The introduction of CBAM, or the EU carbon border tax, without any exceptions or delays for Ukraine starting January 1, 2026, forced the Ukrainian mining and metallurgical company ArcelorMittal Kryvyi Rih to completely stop supplying metal products to the European Union market, reports UAProm. This was reported by AMKR CEO Mauro Longobardo during the GMK Center roundtable “Impact of CBAM on Ukraine’s Economy and Mining & Metallurgy 2026–2030.”
According to Longobardo, the company’s European clients canceled all orders for the first quarter of 2026 after learning they would need to pay an additional CBAM charge of $60–90 per ton of products.
“In Q1 2026, we were supposed to ship about 300,000 tons of products to Europe, and these orders were completely canceled. For our plant, this is like a knockout. It’s lost scarce foreign currency, unpaid taxes and fees, and job cuts. We cannot simply replace these orders. The issue isn’t just lost time. On other markets, our products are uncompetitive due to high production costs and expensive logistics,” the AMKR CEO said.
In 2026, the company planned to export 1.25 million tons of metal products to Europe, almost half of its planned production volume. Therefore, Longobardo said, the full implementation of CBAM has already guaranteed a block on nearly half of the company’s metallurgical output in 2026.
He noted that the introduction of the carbon tax in the EU and the consequent loss of the European market caused the shutdown of the blooming mill, one of AMKR’s units producing billets for long products. Later, the company also announced the suspension of operations at the Foundry and Mechanical Plant.

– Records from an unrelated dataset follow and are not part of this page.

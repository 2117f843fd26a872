-- ===== src/Routing/Split.antt =====
-- engine/internal/routing/multipath.go: the requests of one origin and destination spread over their
-- k shortest paths. `draw i` is the first number of the stream that requestRNG seeds for the request
-- i, from math/rand; Route draws as the request 0.
pub mod Drawn
pub mod Fresh
pub mod Counted
pub mod Spread
pub mod Slots
pub mod Correct
pub mod Shares
pub mod Result
pub mod Single
use Prim.Native.String.{String}
use convergent_routing_analy.Prelude.{
  ℕ, zero, suc, ◌+◌, Bool, true, false, ◌&&◌, ℤ, pos, negsuc, List, [], ◌∷◌, ◌++◌, Option, none,
  some, length, get_or, set, replicate, map, ltb, eqb_ℤ, if◌then◌else◌,
}
use convergent_routing_analy.Float.{Float64, Float, of_nat, div}
use convergent_routing_analy.Domain.{NodeId}
use convergent_routing_analy.Graph.{Graph}
use convergent_routing_analy.Cost.{CostFunction}
use convergent_routing_analy.Routing.Dijkstra.{WeightFunc}
use convergent_routing_analy.Routing.Requests.{
  Context, at_start, at_request, RouteRequest, Route, AssignResult, cancelled, no_path, panicked,
  Outcome, done, failed, request_weight, OdPair, snap_request, prefetch_od, new_flow_vector,
  add_route_flow,
}
use convergent_routing_analy.Routing.Multipath.{KPath, no_kpath, proportional_split, draw_path}
use convergent_routing_analy.Routing.Yen.{k_shortest_paths}

abbrev pub default_multipath_k : ℤ
default_multipath_k = pos 3

-- NewMultipathRouter: a k that is not positive is the default.
abbrev pub router_k : ℤ → ℤ
router_k (pos zero) = default_multipath_k
router_k (pos (suc n)) = pos (suc n)
router_k (negsuc n) = default_multipath_k

abbrev pub multipath_name : String
multipath_name = "multipath"

-- counts[choice]++
abbrev pub count_one : List ℕ → ℕ → List ℕ
count_one counts choice = set counts choice (get_or counts choice 0 + 1)

abbrev pub total_count : List ℕ → ℕ
total_count [] = 0
total_count (n ∷ ns) = n + total_count ns

module _ ⦃f : Float64⦄ where
  unfoldable pub split_weight : CostFunction → WeightFunc
  split_weight cost_fn edge = cost_fn edge (of_nat 0)

  pub record OdEntry : Type 0 where
    pub paths : List KPath
    pub intended : List Float
    pub counts : List ℕ
    pub src : NodeId
    pub dst : NodeId

  abbrev pub no_entry : OdEntry
  no_entry = record { paths = []; intended = []; counts = []; src = negsuc 0; dst = negsuc 0 }

  abbrev pub new_entry : OdPair → List KPath → OdEntry
  new_entry pair paths = record {
    paths = paths;
    intended = proportional_split paths;
    counts = replicate (length paths) 0;
    src = pair.src;
    dst = pair.dst;
  }

  abbrev pub is_for : OdPair → OdEntry → Bool
  is_for pair e = eqb_ℤ e.src pair.src && eqb_ℤ e.dst pair.dst

  -- odIndexByKey: the map from a pair to its slot is read off the entries, which keep their pairs.
  unfoldable pub slot_of : OdPair → List OdEntry → ℕ → Option ℕ
  slot_of pair [] i = none
  slot_of pair (e ∷ es) i =
      let rest = slot_of pair es (suc i) in if is_for pair e then some i else rest

  -- The slot of a pair that is new, with its entry.
  unfoldable pub add_entry :
      RouteRequest → OdPair → List OdEntry → List KPath → Outcome (ℕ × List OdEntry)
  add_entry req pair entries [] = failed (no_path multipath_name req.id pair.src pair.dst)
  add_entry req pair entries (p ∷ ps) =
      done (length entries, entries ++ new_entry pair (p ∷ ps) ∷ [])

  -- The route along the path that was drawn.
  abbrev pub route_along : RouteRequest → List KPath → ℕ → Route
  route_along req paths choice =
      let path = get_or paths choice no_kpath in
      record { request_id = req.id; edges = path.edges; cost_s = path.cost }

  pub record Split : Type 0 where
    pub entries : List OdEntry
    pub flows : List Float
    pub routes : List Route
    pub slots : List ℕ
    pub chosen : List ℕ

  -- The split of the rest, with a request's draw in front.
  unfoldable pub with_draw : ℕ → ℕ → Route → Outcome Split → Outcome Split
  with_draw slot choice route (failed e) = failed e
  with_draw slot choice route (done s) =
      done
        (record s { routes = route ∷ s.routes; slots = slot ∷ s.slots; chosen = choice ∷ s.chosen })

  -- ProvenancePath mirrors kPath, and is a KPath here.
  pub record OdKPaths : Type 0 where
    pub src : NodeId
    pub dst : NodeId
    pub paths : List KPath
    pub intended : List Float
    pub realized : List Float
    pub request_count : ℕ

  pub record MultipathProvenance : Type 0 where
    pub od_paths : List OdKPaths
    pub chosen_path_index : List ℕ
    pub chosen_od_index : List ℕ

  pub record MultipathResult : Type 0 where
    pub result : AssignResult
    pub provenance : MultipathProvenance

  unfoldable pub realized_of : List ℕ → List Float
  realized_of counts =
      let total = total_count counts in
      if ltb 0 total
      then map (λ count. div (of_nat count) (of_nat total)) counts
      else replicate (length counts) (of_nat 0)

  unfoldable pub od_k_paths : OdEntry → OdKPaths
  unfolding realized_of
  od_k_paths e = record {
    src = e.src;
    dst = e.dst;
    paths = e.paths;
    intended = e.intended;
    realized = realized_of e.counts;
    request_count = total_count e.counts;
  }

  abbrev pub multipath_result : Split → MultipathResult
  multipath_result s = record {
    result = record {
      routes = s.routes;
      final_flows = s.flows;
      gap = of_nat 0;
      iters = 1;
      converged = true;
    };
    provenance = record {
      od_paths = map od_k_paths s.entries;
      chosen_path_index = s.chosen;
      chosen_od_index = s.slots;
    };
  }

  module _ (g : Graph) (weight : WeightFunc) (k : ℤ) (draw : ℕ → Float) (ctx : Context) where
    unfoldable pub slot_for : RouteRequest → OdPair → List OdEntry → Outcome (ℕ × List OdEntry)
    unfolding slot_of add_entry
    slot_for req pair entries = elim (slot_of pair entries 0) [
      | some slot ↦ done (slot, entries)
      | none ↦ add_entry req pair entries (k_shortest_paths g pair.src pair.dst k weight)
    ]

    -- A path of the slot for the request `i`.
    abbrev pub choice_at : ℕ → List OdEntry → ℕ → ℕ
    choice_at i entries slot = draw_path (get_or entries slot no_entry).intended (draw i)

    abbrev pub after_draw : ℕ → List OdEntry → ℕ → List OdEntry
    after_draw i entries slot =
        let entry = get_or entries slot no_entry in
        set entries slot
          (record entry { counts = count_one entry.counts (choice_at i entries slot) })

    abbrev pub route_at : ℕ → RouteRequest → List OdEntry → ℕ → Route
    route_at i req entries slot =
        route_along req (get_or entries slot no_entry).paths (choice_at i entries slot)

    -- The requests from the index i on, after the entries and the flows of those before.
    unfoldable pub split_all :
        ℕ → List RouteRequest → List OdPair → List OdEntry → List Float → Outcome Split
    unfolding slot_for with_draw
    split_all i [] pairs entries flows =
        done (record { entries = entries; flows = flows; routes = []; slots = []; chosen = [] })
    split_all i (req ∷ reqs) [] entries flows =
        if ctx (at_request 1 i) then failed cancelled else failed panicked
    split_all i (req ∷ reqs) (pair ∷ pairs) entries flows =
        if ctx (at_request 1 i) then failed cancelled else elim (slot_for req pair entries) [
          | failed e ↦ failed e
          | done (slot, found) ↦
              let route = route_at i req found slot in
              with_draw slot (choice_at i found slot) route (
                split_all (suc i) reqs pairs (after_draw i found slot)
                  (add_route_flow flows route.edges (request_weight req)))
        ]

    unfoldable pub result_of_split : Outcome Split → Outcome MultipathResult
    result_of_split (failed e) = failed e
    result_of_split (done s) = done (multipath_result s)

    -- AssignMultipath
    unfoldable pub assign_multipath : List RouteRequest → Outcome MultipathResult
    unfolding split_all result_of_split
    assign_multipath reqs = elim (prefetch_od g multipath_name reqs) [
      | failed e ↦ failed e
      | done pairs ↦ result_of_split (split_all 0 reqs pairs [] (new_flow_vector g))
    ]

    -- AssignResult, which drops the provenance.
    pub multipath_assign_result : List RouteRequest → Outcome AssignResult
    multipath_assign_result reqs = elim (assign_multipath reqs) [
      | failed e ↦ failed e
      | done r ↦ done r.result
    ]

    unfoldable pub draw_route : RouteRequest → OdPair → List KPath → Outcome Route
    draw_route req pair [] = failed (no_path multipath_name req.id pair.src pair.dst)
    draw_route req pair (p ∷ ps) =
        done (route_along req (p ∷ ps) (draw_path (proportional_split (p ∷ ps)) (draw 0)))

    -- Route
    unfoldable pub multipath_route : RouteRequest → Outcome Route
    unfolding draw_route
    multipath_route req =
        if ctx at_start then failed cancelled else elim (snap_request g multipath_name req) [
          | failed e ↦ failed e
          | done pair ↦ draw_route req pair (k_shortest_paths g pair.src pair.dst k weight)
        ]
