-- ===== src/Routing/Split/Drawn.antt =====
-- The entries of a split: what they hold, and how a request changes them.
use convergent_routing_analy.Prelude.{
  ℕ, zero, suc, ◌+◌, ◌<◌, ◌≡◌, ◌⊎◌, refl, sym, ◌∙◌, ap₂, some_inj, subst, inl, inr, Bool, true,
  false, ◌&&◌, ℤ, List, [], ◌∷◌, Option, none, some, length, get_or, replicate, get_or-set, ◌==◌,
  if◌then◌else◌, eqb_ℤ, eqb_ℤ_iff, arith,
}
use convergent_routing_analy.Float.{Float64}
use convergent_routing_analy.Graph.{Graph}
use convergent_routing_analy.Routing.Dijkstra.{WeightFunc}
use convergent_routing_analy.Routing.Requests.{OdPair}
use convergent_routing_analy.Routing.Multipath.{proportional_split}
use convergent_routing_analy.Routing.Yen.{k_shortest_paths}
use convergent_routing_analy.Routing.Split.{
  OdEntry, no_entry, is_for, slot_of, count_one, total_count,
}

pub total_count-count_one :
    (counts : List ℕ) (c : ℕ)
    → c < length counts
    → total_count (count_one counts c) ≡ total_count counts + 1
total_count-count_one [] c h = absurd (omega arith)
total_count-count_one (n ∷ ns) zero h = omega arith
total_count-count_one (n ∷ ns) (suc c) h = omega (arith, total_count-count_one ns c (omega arith))

pub get_or-count_one :
    (counts : List ℕ) (c j : ℕ)
    → c < length counts
    → get_or (count_one counts c) j 0 ≡ get_or counts j 0 + (if c == j then 1 else 0)
get_or-count_one counts c j h = ground (arith, get_or-set counts c j (get_or counts c 0 + 1) 0 h)

pub total_count-replicate : (n : ℕ) → total_count (replicate n 0) ≡ 0
total_count-replicate zero = refl
total_count-replicate (suc n) = omega (arith, total_count-replicate n)

module _ ⦃f : Float64⦄ where
  abbrev pub entry_at : List OdEntry → ℕ → OdEntry
  entry_at es t = get_or es t no_entry

  -- The later entries keep the pair and the paths of the earlier.
  abbrev pub Grows : List OdEntry → List OdEntry → Type 0
  Grows es fs =
      (t : ℕ)
      → t < length es
      → (t < length fs)
        × ((entry_at fs t).src ≡ (entry_at es t).src)
        × ((entry_at fs t).dst ≡ (entry_at es t).dst)
        × ((entry_at fs t).paths ≡ (entry_at es t).paths)

  pub Grows-refl : (es : List OdEntry) → Grows es es
  Grows-refl es t h = (h, refl, refl, refl)

  pub Grows-trans : (es fs hs : List OdEntry) → Grows es fs → Grows fs hs → Grows es hs
  Grows-trans es fs hs p q t h =
      let (h', a, b, c) = p t h in let (h'', a', b', c') = q t h' in (h'', a' ∙ a, b' ∙ b, c' ∙ c)

  -- An entry of the split: the paths between its nodes, at least one, with a count for each.
  pub record IsEntry (g : Graph) (weight : WeightFunc) (k : ℤ) (e : OdEntry) : Type 0 where
    pub searched : e.paths ≡ k_shortest_paths g e.src e.dst k weight
    pub some_path : 0 < length e.paths
    pub weighed : e.intended ≡ proportional_split e.paths
    pub counted : length e.counts ≡ length e.paths

  -- Each pair has one entry.
  pub record Entries (g : Graph) (weight : WeightFunc) (k : ℤ) (es : List OdEntry) : Type 0 where
    pub valid : (t : ℕ) → t < length es → IsEntry g weight k (entry_at es t)
    pub one :
        (s t : ℕ)
        → s < length es
        → t < length es
        → (entry_at es s).src ≡ (entry_at es t).src
        → (entry_at es s).dst ≡ (entry_at es t).dst
        → s ≡ t

  abbrev pub count_at : List OdEntry → ℕ → ℕ → ℕ
  count_at es t j = get_or (entry_at es t).counts j 0

  abbrev pub total_at : List OdEntry → ℕ → ℕ
  total_at es t = total_count (entry_at es t).counts

  slot_none :
      (b : Bool) (i : ℕ) (rest : Option ℕ)
      → (if b then some i else rest) ≡ none
      → (b ≡ false) × (rest ≡ none)
  slot_none true i rest h = absurd (cc h)
  slot_none false i rest h = (refl, h)

  slot_some :
      (b : Bool) (i s : ℕ) (rest : Option ℕ)
      → (if b then some i else rest) ≡ some s
      → ((b ≡ true) × (i ≡ s)) ⊎ (rest ≡ some s)
  slot_some true i s rest h = inl (refl, some_inj h)
  slot_some false i s rest h = inr h

  -- No entry is for the pair.
  pub slot_of-none :
      (pair : OdPair) (es : List OdEntry) (i : ℕ)
      → slot_of pair es i ≡ none
      → (t : ℕ) → t < length es
      → is_for pair (entry_at es t) ≡ false
  unfolding slot_of
  slot_of-none pair [] i h t lt = absurd (omega arith)
  slot_of-none pair (e ∷ es) i h zero lt =
      (slot_none (is_for pair e) i (slot_of pair es (suc i)) h).0
  slot_of-none pair (e ∷ es) i h (suc t) lt =
      slot_of-none pair es (suc i) (slot_none (is_for pair e) i (slot_of pair es (suc i)) h).1 t
        (omega arith)

  -- The slot is that of an entry for the pair.
  pub slot_of-some :
      (pair : OdPair) (es : List OdEntry) (i s : ℕ)
      → slot_of pair es i ≡ some s
      → (t : ℕ) × (s ≡ i + t) × (t < length es) × (is_for pair (entry_at es t) ≡ true)
  unfolding slot_of
  slot_of-some pair [] i s h = absurd (cc h)
  slot_of-some pair (e ∷ es) i s h =
      elim (slot_some (is_for pair e) i s (slot_of pair es (suc i)) h) [
        | inl (mine, same) ↦ (0, omega (arith, same), omega arith, mine)
        | inr later ↦
            let (t, same, lt, found) = slot_of-some pair es (suc i) s later in
            (suc t, omega (arith, same), omega (arith, lt), found)
      ]

  and_true : (a b : Bool) → (a && b) ≡ true → (a ≡ true) × (b ≡ true)
  and_true true b h = (refl, h)
  and_true false b h = absurd (cc h)

  pub is_for-eq :
      (pair : OdPair) (e : OdEntry) → is_for pair e ≡ true → (e.src ≡ pair.src) × (e.dst ≡ pair.dst)
  is_for-eq pair e h =
      let (a, b) = and_true (eqb_ℤ e.src pair.src) (eqb_ℤ e.dst pair.dst) h in
      ((eqb_ℤ_iff e.src pair.src).0 a, (eqb_ℤ_iff e.dst pair.dst).0 b)

  pub is_for-other :
      (pair : OdPair) (e : OdEntry)
      → is_for pair e ≡ false
      → e.src ≡ pair.src
      → e.dst ≡ pair.dst
      → ⊥
  is_for-other pair e h a b =
      let both : is_for pair e ≡ true =
        ap₂ ◌&&◌ ((eqb_ℤ_iff e.src pair.src).1 a) ((eqb_ℤ_iff e.dst pair.dst).1 b) in
      let clash : true ≡ false = sym both ∙ h in cc clash

  -- What the search for a slot leaves: the slot of an entry for the pair, and the counts.
  pub record Slotted (g : Graph) (weight : WeightFunc) (k : ℤ) (pair : OdPair)
      (es fs : List OdEntry) (slot : ℕ) : Type 0 where
    pub entries : Entries g weight k fs
    pub grows : Grows es fs
    pub within : slot < length fs
    pub fresh : (t : ℕ) → t < length fs → (t < length es) ⊎ (t ≡ slot)
    pub src : (entry_at fs slot).src ≡ pair.src
    pub dst : (entry_at fs slot).dst ≡ pair.dst
    pub counts : (t j : ℕ) → count_at fs t j ≡ count_at es t j
    pub totals : (t : ℕ) → total_at fs t ≡ total_at es t

  module _ (g : Graph) (weight : WeightFunc) (k : ℤ) where
    -- A slot that was there.
    pub slot_of-Slotted :
        (pair : OdPair) (es : List OdEntry) (slot : ℕ)
        → Entries g weight k es
        → slot_of pair es 0 ≡ some slot
        → Slotted g weight k pair es es slot
    slot_of-Slotted pair es slot entries h =
        let (t, same, lt, mine) = slot_of-some pair es 0 slot h in
        let here : t ≡ slot = omega (arith, same) in
        let (a, b) = is_for-eq pair (entry_at es t) mine in
        record {
          entries = entries;
          grows = Grows-refl es;
          within = subst (λ z. z < length es) here lt;
          fresh = λ t h. inl h;
          src = subst (λ z. (entry_at es z).src ≡ pair.src) here a;
          dst = subst (λ z. (entry_at es z).dst ≡ pair.dst) here b;
          counts = λ t j. refl;
          totals = λ t. refl;
        }
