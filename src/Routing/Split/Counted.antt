-- ===== src/Routing/Split/Counted.antt =====
-- A draw is counted in the entry of its slot.
use convergent_routing_analy.Prelude.{
  ℕ, ◌+◌, ◌<◌, ◌≡◌, ◌≢◌, sym, ◌∙◌, ap, subst, false, ◌&&◌, ℤ, List, length, get_or, set, length-set,
  get_or-set_self, get_or-set_other, ◌==◌, if◌then◌else◌, ==_iff, arith, ℕ_discrete,
}
use convergent_routing_analy.Float.{Float64}
use convergent_routing_analy.Graph.{Graph}
use convergent_routing_analy.Routing.Dijkstra.{WeightFunc}
use convergent_routing_analy.Routing.Split.{OdEntry, no_entry, count_one, total_count}
use convergent_routing_analy.Routing.Split.Drawn.{
  total_count-count_one, get_or-count_one, entry_at, Grows, IsEntry, Entries, count_at, total_at,
}

add_zero : (n : ℕ) → n + 0 ≡ n
add_zero n = omega arith

other_== : (a b : ℕ) → a ≢ b → (a == b) ≡ false
other_== a b h = ground arith

-- What a draw of the path c of a slot changes.
pub record Counted ⦃f : Float64⦄ (g : Graph) (weight : WeightFunc) (k : ℤ) (es fs : List OdEntry)
    (slot c : ℕ) : Type 0 where
  pub entries : Entries g weight k fs
  pub grows : Grows es fs
  pub size : length fs ≡ length es
  pub counts :
      (t j : ℕ) → count_at fs t j ≡ count_at es t j + (if slot == t && c == j then 1 else 0)
  pub totals : (t : ℕ) → total_at fs t ≡ total_at es t + (if slot == t then 1 else 0)

module _ ⦃f : Float64⦄ (g : Graph) (weight : WeightFunc) (k : ℤ) (es : List OdEntry) (slot c : ℕ)
    (entries : Entries g weight k es) (within : slot < length es)
    (in_paths : c < length (entry_at es slot).paths) where
  abbrev drawn : OdEntry
  drawn = record (entry_at es slot) { counts = count_one (entry_at es slot).counts c }

  abbrev fs : List OdEntry
  fs = set es slot drawn

  in_counts : c < length (entry_at es slot).counts
  in_counts = omega (arith, (entries.valid slot within).counted)

  at_slot : (t : ℕ) → slot ≡ t → entry_at fs t ≡ drawn
  at_slot t h = subst (λ z. entry_at fs z ≡ drawn) h (get_or-set_self es slot drawn no_entry within)

  at_other : (t : ℕ) → slot ≢ t → entry_at fs t ≡ entry_at es t
  at_other t h = get_or-set_other es slot t drawn no_entry h

  abbrev Kept : ℕ → Type 0
  Kept t =
      ((entry_at fs t).src ≡ (entry_at es t).src)
      × ((entry_at fs t).dst ≡ (entry_at es t).dst)
      × ((entry_at fs t).paths ≡ (entry_at es t).paths)

  same_paths : (t : ℕ) → Kept t
  same_paths t = elim (ℕ_discrete slot t) [
    | yes h ↦ (
      ap (λ e. e.src) (at_slot t h) ∙ ap (λ z. (entry_at es z).src) h,
      ap (λ e. e.dst) (at_slot t h) ∙ ap (λ z. (entry_at es z).dst) h,
      ap (λ e. e.paths) (at_slot t h) ∙ ap (λ z. (entry_at es z).paths) h,
    )
    | no h ↦ (
      ap (λ e. e.src) (at_other t h),
      ap (λ e. e.dst) (at_other t h),
      ap (λ e. e.paths) (at_other t h),
    )
  ]

  size : length fs ≡ length es
  size = length-set es slot drawn

  drawn-IsEntry : IsEntry g weight k drawn
  drawn-IsEntry =
      let e = entries.valid slot within in
      record {
        searched = e.searched;
        some_path = e.some_path;
        weighed = e.weighed;
        counted = length-set (entry_at es slot).counts c _ ∙ e.counted;
      }

  fs-Entries : Entries g weight k fs
  fs-Entries = record {
    valid = λ t h. elim (ℕ_discrete slot t) [
      | yes here ↦ subst (IsEntry g weight k) (sym (at_slot t here)) drawn-IsEntry
      | no other ↦
          subst (IsEntry g weight k) (sym (at_other t other))
            (entries.valid t (omega (arith, size, h)))
    ];
    one = λ s t hs ht a b.
        let (sa, sb, sc) = same_paths s in
        let (ta, tb, tc) = same_paths t in
        entries.one s t (omega (arith, size, hs)) (omega (arith, size, ht)) (sym sa ∙ a ∙ ta)
          (sym sb ∙ b ∙ tb);
  }

  count_drawn :
      (t j : ℕ) → count_at fs t j ≡ count_at es t j + (if slot == t && c == j then 1 else 0)
  count_drawn t j = elim (ℕ_discrete slot t) [
    | yes here ↦
        ap (λ e. get_or e.counts j 0) (at_slot t here)
        ∙ get_or-count_one (entry_at es slot).counts c j in_counts
        ∙ ap (λ z. count_at es z j + (if c == j then 1 else 0)) here
        ∙ ap (λ b. count_at es t j + (if b && c == j then 1 else 0)) (sym ((==_iff slot t).1 here))
    | no other ↦
        ap (λ e. get_or e.counts j 0) (at_other t other)
        ∙ sym (add_zero (count_at es t j))
        ∙ ap (λ b. count_at es t j + (if b && c == j then 1 else 0)) (sym (other_== slot t other))
  ]

  total_drawn : (t : ℕ) → total_at fs t ≡ total_at es t + (if slot == t then 1 else 0)
  total_drawn t = elim (ℕ_discrete slot t) [
    | yes here ↦
        ap (λ e. total_count e.counts) (at_slot t here)
        ∙ total_count-count_one (entry_at es slot).counts c in_counts
        ∙ ap (λ z. total_at es z + 1) here
        ∙ ap (λ b. total_at es t + (if b then 1 else 0)) (sym ((==_iff slot t).1 here))
    | no other ↦
        ap (λ e. total_count e.counts) (at_other t other)
        ∙ sym (add_zero (total_at es t))
        ∙ ap (λ b. total_at es t + (if b then 1 else 0)) (sym (other_== slot t other))
  ]

  pub count_one-Counted : Counted g weight k es fs slot c
  count_one-Counted = record {
    entries = fs-Entries;
    grows = λ t h. let (a, b, d) = same_paths t in (omega (arith, size, h), a, b, d);
    size = size;
    counts = count_drawn;
    totals = total_drawn;
  }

These decisions affected more than 3,000 AMKR employees.
Longobardo emphasized that the enterprise currently lacks the resources to immediately switch to “green” production because all funds accumulated for modernization before the full-scale war were spent covering losses caused by Russia’s aggression against Ukraine. He called on the European Commission to consider the extremely difficult conditions under which Ukrainian companies operate and to revise its decision, granting Ukraine at least a three-year delay in CBAM implementation.
“ArcelorMittal Kryvyi Rih has already lost the European market. Lost it instantly. If Ukraine is not granted an exemption or delay, in five years Ukrainian metallurgists’ export opportunities to the EU will be permanently blocked,” said Mauro Longobardo.
According to a GMK Center study presented at the roundtable, CBAM will lead to a 2.1% decline in Ukraine’s GDP by 2030 solely due to reduced iron and steel exports (including supply chains). Analysts predict the complete cessation of exports of long products and square billets from Ukraine by 2030, a 75% reduction in pig iron exports, and a 30% decline in flat-rolled steel exports. Losses from halted exports are estimated at $1.75 billion. Losing EU export opportunities will also negatively impact supply chain cooperation between Ukrainian and European businesses, as Ukrainian billets were previously supplied to rolling mills in the EU.